Data excerpts:
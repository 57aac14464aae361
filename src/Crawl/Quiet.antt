-- ===== src/Crawl/Quiet.antt =====
-- scripts/scrape_player_info.py, run_buffered: what it leaves of the recovery of an engine that is gone.
use sport_crawl.Prelude.{
  ℕ, ◌+◌, Bool, true, false, Option, none, some, List, [], ◌∷◌, ◌++◌, ◌≡◌, refl, inl, inr,
  Bool-cases, arith, leb,
}
use sport_crawl.Gate.State.{Event, cancel, act, System, cancel_recovery, Task, is_done}
use sport_crawl.Gate.State
use sport_crawl.Gate.Reopening.{is_live_option}
use sport_crawl.Worker.Loop.{
  Inner, cooldown_required, cancelled, unexpected, restart, exhausted, enter, exit, label, sleep,
  Next, returns, cancels, again, max_restarts, WorkerResult, go_on,
}
use sport_crawl.Crawl.Buffered.{
  Session, warmup_fails, warmup_cancelled, warm, BufferedStart, build_fails, build_cancelled,
  builds, SessionRound, Step, did, calls, signalled, session_calls, build_failure, session_end,
  begin_session, sessions, run_buffered, inner_of, jobs_of,
}

-- Whenever the steps sleep, no recovery of the gate can still probe or open it.
abbrev pub IsQuiet : List Step → System → Type 0
IsQuiet [] s = Unit
IsQuiet (calls e ∷ rest) s = IsQuiet rest (act e s)
IsQuiet (did (sleep n) ∷ rest) s = (is_live_option s.gate.recovery_task ≡ false) × IsQuiet rest s
IsQuiet (did _ ∷ rest) s = IsQuiet rest s

abbrev Quiet : List Step → Type 0
Quiet steps = (s : System) → IsQuiet steps s

Quiet-append : (xs ys : List Step) → Quiet xs → Quiet ys → Quiet (xs ++ ys)
Quiet-append xs ys qx qy s = go xs s (qx s)
  where
    go : (xs : List Step) (s : System) → IsQuiet xs s → IsQuiet (xs ++ ys) s
    go [] s q = qy s
    go (calls e ∷ rest) s q = go rest (act e s) q
    go (did (sleep n) ∷ rest) s q = (q.0, go rest s q.1)
    go (did enter ∷ rest) s q = go rest s q
    go (did exit ∷ rest) s q = go rest s q
    go (did (label l) ∷ rest) s q = go rest s q

cancelled_dead : (t : Option Task) → is_live_option (State.cancelled t) ≡ false
cancelled_dead none = refl
cancelled_dead (some t) = ground arith

cancel-dead : (s : System) → is_live_option (act cancel s).gate.recovery_task ≡ false
unfolding act cancel_recovery
cancel-dead s = cancelled_dead s.gate.recovery_task

signalled-Quiet : (signals : List (ℕ × Bool)) → Quiet (signalled true signals)
signalled-Quiet [] s = tt
signalled-Quiet (x ∷ rest) s = signalled-Quiet rest (act _ s)

session_calls-Quiet : (session : Session) → Quiet (session_calls true session)
session_calls-Quiet warmup_fails s = tt
session_calls-Quiet warmup_cancelled s = tt
session_calls-Quiet (warm signals jobs inner) s = signalled-Quiet signals (act _ s)

build_failure-Quiet : (count : ℕ) (c : Bool) → Quiet (build_failure true count c).0
build_failure-Quiet count c s = elim (Bool-cases (leb max_restarts (count + 1))) [
  | inl full ↦ rw full (cancel-dead s, tt)
  | inr below ↦ rw below (cancel-dead s, tt)
]

session_end-Quiet :
    (inner : Inner) (exit_raises : Bool) (jitter : ℕ) (c : Bool)
    → Quiet (session_end true inner exit_raises jitter c).0
session_end-Quiet unexpected true jitter c s =
    (cancel-dead s, build_failure-Quiet 0 false (act cancel s))
session_end-Quiet unexpected false jitter c s = (cancel-dead s, tt)
session_end-Quiet cancelled true jitter c s = build_failure-Quiet 0 c s
session_end-Quiet cancelled false jitter c s = tt
session_end-Quiet (exhausted n) true jitter c s = build_failure-Quiet 0 c s
session_end-Quiet (exhausted n) false jitter c s = tt
session_end-Quiet restart true jitter c s = build_failure-Quiet 0 c s
session_end-Quiet restart false jitter c s = tt
session_end-Quiet cooldown_required true jitter c s = build_failure-Quiet 0 c s
session_end-Quiet cooldown_required false jitter true s = (cancel-dead s, tt)
session_end-Quiet cooldown_required false jitter false s = (cancel-dead s, (cancel-dead s, tt))

begin_session-Quiet :
    (start : BufferedStart) (count jitter : ℕ) (c : Bool)
    → Quiet (begin_session true start count jitter c).0
begin_session-Quiet build_fails count jitter c s = build_failure-Quiet count c s
begin_session-Quiet build_cancelled count jitter c s = tt
begin_session-Quiet (builds session exit_raises) count jitter c s =
    Quiet-append (session_calls true session) _ (session_calls-Quiet session)
      (session_end-Quiet (inner_of session) exit_raises jitter c) s

sessions-Quiet :
    (rounds : List SessionRound) (processed count : ℕ)
    → Quiet (sessions true processed count rounds).0
unfolding sessions
sessions-Quiet [] processed count s = tt
sessions-Quiet (r ∷ rest) processed count s =
    let (steps, next) = begin_session true r.start count r.jitter r.sleep_cancelled in
    let total = processed + jobs_of r.start in
    Quiet-append steps _ (begin_session-Quiet r.start count r.jitter r.sleep_cancelled)
      (go_on-Quiet next total (λ k. sessions true total k rest) (λ k. sessions-Quiet rest total k))
      s
  where
    go_on-Quiet :
        (next : Next) (total : ℕ) (loop : ℕ → List Step × WorkerResult)
        → ((k : ℕ) → Quiet (loop k).0)
        → Quiet (go_on next total loop).0
    go_on-Quiet returns total loop q s = tt
    go_on-Quiet cancels total loop q s = tt
    go_on-Quiet (again k) total loop q s = q k s

-- Whatever its sessions meet and whatever the gate was told before, a worker with a gate never
-- sleeps, after a failed start, an error or a cooldown, while a recovery of the gate is alive that
-- could probe an engine that is gone, as long as nobody else calls the gate.
pub run_buffered-IsQuiet :
    (rounds : List SessionRound) (s : System) → IsQuiet (run_buffered true rounds).0 s
unfolding run_buffered
run_buffered-IsQuiet rounds s = sessions-Quiet rounds 0 0 s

▸ **Required action**
Using the data above, extract exactly the lines from the one that holds "-- ===== src/Crawl/Quiet.antt" to the one that holds "abbrev pub IsQuiet", both ends included, and no others.

▸ **Answer to the problem**
-- ===== src/Crawl/Quiet.antt =====
-- scripts/scrape_player_info.py, run_buffered: what it leaves of the recovery of an engine that is gone.
use sport_crawl.Prelude.{
  ℕ, ◌+◌, Bool, true, false, Option, none, some, List, [], ◌∷◌, ◌++◌, ◌≡◌, refl, inl, inr,
  Bool-cases, arith, leb,
}
use sport_crawl.Gate.State.{Event, cancel, act, System, cancel_recovery, Task, is_done}
use sport_crawl.Gate.State
use sport_crawl.Gate.Reopening.{is_live_option}
use sport_crawl.Worker.Loop.{
  Inner, cooldown_required, cancelled, unexpected, restart, exhausted, enter, exit, label, sleep,
  Next, returns, cancels, again, max_restarts, WorkerResult, go_on,
}
use sport_crawl.Crawl.Buffered.{
  Session, warmup_fails, warmup_cancelled, warm, BufferedStart, build_fails, build_cancelled,
  builds, SessionRound, Step, did, calls, signalled, session_calls, build_failure, session_end,
  begin_session, sessions, run_buffered, inner_of, jobs_of,
}

-- Whenever the steps sleep, no recovery of the gate can still probe or open it.
abbrev pub IsQuiet : List Step → System → Type 0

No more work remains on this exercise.